WORK TO BE COMPLETED:
In the records, find each line where "some" occurs, and copy it.

(Records from a dataset)
--- START ---
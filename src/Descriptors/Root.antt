-- ===== src/Descriptors/Root.antt =====
-- Where the root of a type description is.
use edgedb_rust.Base.{
  ℕ, suc, ◌^◌, ◌<◌, ◌≤◌, ◌≡◌, refl, ◌⊎◌, inl, inr, false, ltb, Bool-cases, ltb→lt, if◌then◌else◌,
  List, [], ◌∷◌, Option, none, some, Result, ok, err, panic, get_elem?, take, All, arith,
}
use edgedb_rust.Base.HashMap.{◌==◌, list_eq, list_beq_iff}
use edgedb_rust.Wire.{DecodeError, uuid_not_found, too_many_descriptors}
use edgedb_rust.Descriptors.{Descriptor, descriptor_id, TypePos}
use edgedb_rust.Descriptors.Typedesc.{uuid_of_byte, position, root_position}

-- The descriptor at this place has the identifier, and none before it has.
abbrev pub IsFirst : List ℕ → List Descriptor → ℕ → Type 0
IsFirst id ds i =
    (d : Descriptor) × (get_elem? ds i ≡ some d)
    × (descriptor_id d ≡ id)
    × All (λ x. (descriptor_id x == id) ≡ false) (take i ds)

abbrev pub IsAbsent : List ℕ → List Descriptor → Type 0
IsAbsent id ds = All (λ x. (descriptor_id x == id) ≡ false) ds

abbrev Placed : List ℕ → List Descriptor → Option ℕ → Type 0
Placed id ds none = IsAbsent id ds
Placed id ds (some i) = IsFirst id ds i

Placed-cons :
    (id : List ℕ) (d : Descriptor) (ds : List Descriptor) (o : Option ℕ)
    → (descriptor_id d == id) ≡ false
    → Placed id ds o
    → Placed id (d ∷ ds) (elim o [ none ↦ none | some i ↦ some (suc i) ])
Placed-cons id d ds none n h = (n, h)
Placed-cons id d ds (some i) n (x, at, same, before) = (x, at, same, (n, before))

position-Placed : (id : List ℕ) (ds : List Descriptor) → Placed id ds (position id ds)
unfolding position
position-Placed id [] = tt
position-Placed id (d ∷ ds) = elim (Bool-cases (descriptor_id d == id)) [
  | inl here ↦ rw (here, position, Placed) (d, refl, (list_beq_iff _ _).0 here, tt)
  | inr further ↦
      rw (further, position) (Placed-cons id d ds (position id ds) further (position-Placed id ds))
]

-- What each outcome says about the root.
abbrev pub IsRoot : List ℕ → List Descriptor → Result DecodeError (Option TypePos) → Type 0
IsRoot id ds (ok none) = id ≡ uuid_of_byte 0
IsRoot id ds (ok (some i)) = IsFirst id ds i × (i < 2 ^ 16)
IsRoot id ds (err e) =
    ((e ≡ uuid_not_found id) × IsAbsent id ds)
    ⊎ ((i : ℕ) × (e ≡ too_many_descriptors i) × IsFirst id ds i × (2 ^ 16 ≤ i))
IsRoot id ds panic = ⊥

found-IsRoot :
    (id : List ℕ) (ds : List Descriptor) (o : Option ℕ)
    → Placed id ds o
    → IsRoot id ds (elim o [
      | none ↦ err (uuid_not_found id)
      | some i ↦ if ltb i (2 ^ 16) then ok (some i) else err (too_many_descriptors i)
    ])
found-IsRoot id ds none h = inl (refl, h)
found-IsRoot id ds (some i) h = elim (Bool-cases (ltb i (2 ^ 16))) [
  | inl fits ↦ rw (fits, IsRoot) (h, ltb→lt _ _ fits)
  | inr large ↦ rw (large, IsRoot) (inr (i, refl, h, ground arith))
]

-- The root of a type description: no place for the identifier zero; else the first descriptor with
-- the identifier, if its place fits two bytes; else the error that says which of the two it was.
pub root_position-IsRoot : (id : List ℕ) (ds : List Descriptor) → IsRoot id ds (root_position id ds)
unfolding root_position
root_position-IsRoot id ds = elim (Bool-cases (id == uuid_of_byte 0)) [
  | inl no_root ↦ rw (no_root, root_position, IsRoot) ((list_beq_iff _ _).0 no_root)
  | inr rooted ↦
      rw (rooted, root_position) (found-IsRoot id ds (position id ds) (position-Placed id ds))
]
--- END ---
WRITTEN SOLUTION:
  List, [], ◌∷◌, Option, none, some, Result, ok, err, panic, get_elem?, take, All, arith,
    (d : Descriptor) × (get_elem? ds i ≡ some d)
Placed id ds (some i) = IsFirst id ds i
    → Placed id (d ∷ ds) (elim o [ none ↦ none | some i ↦ some (suc i) ])
Placed-cons id d ds (some i) n (x, at, same, before) = (x, at, same, (n, before))
IsRoot id ds (ok (some i)) = IsFirst id ds i × (i < 2 ^ 16)
      | some i ↦ if ltb i (2 ^ 16) then ok (some i) else err (too_many_descriptors i)
found-IsRoot id ds (some i) h = elim (Bool-cases (ltb i (2 ^ 16))) [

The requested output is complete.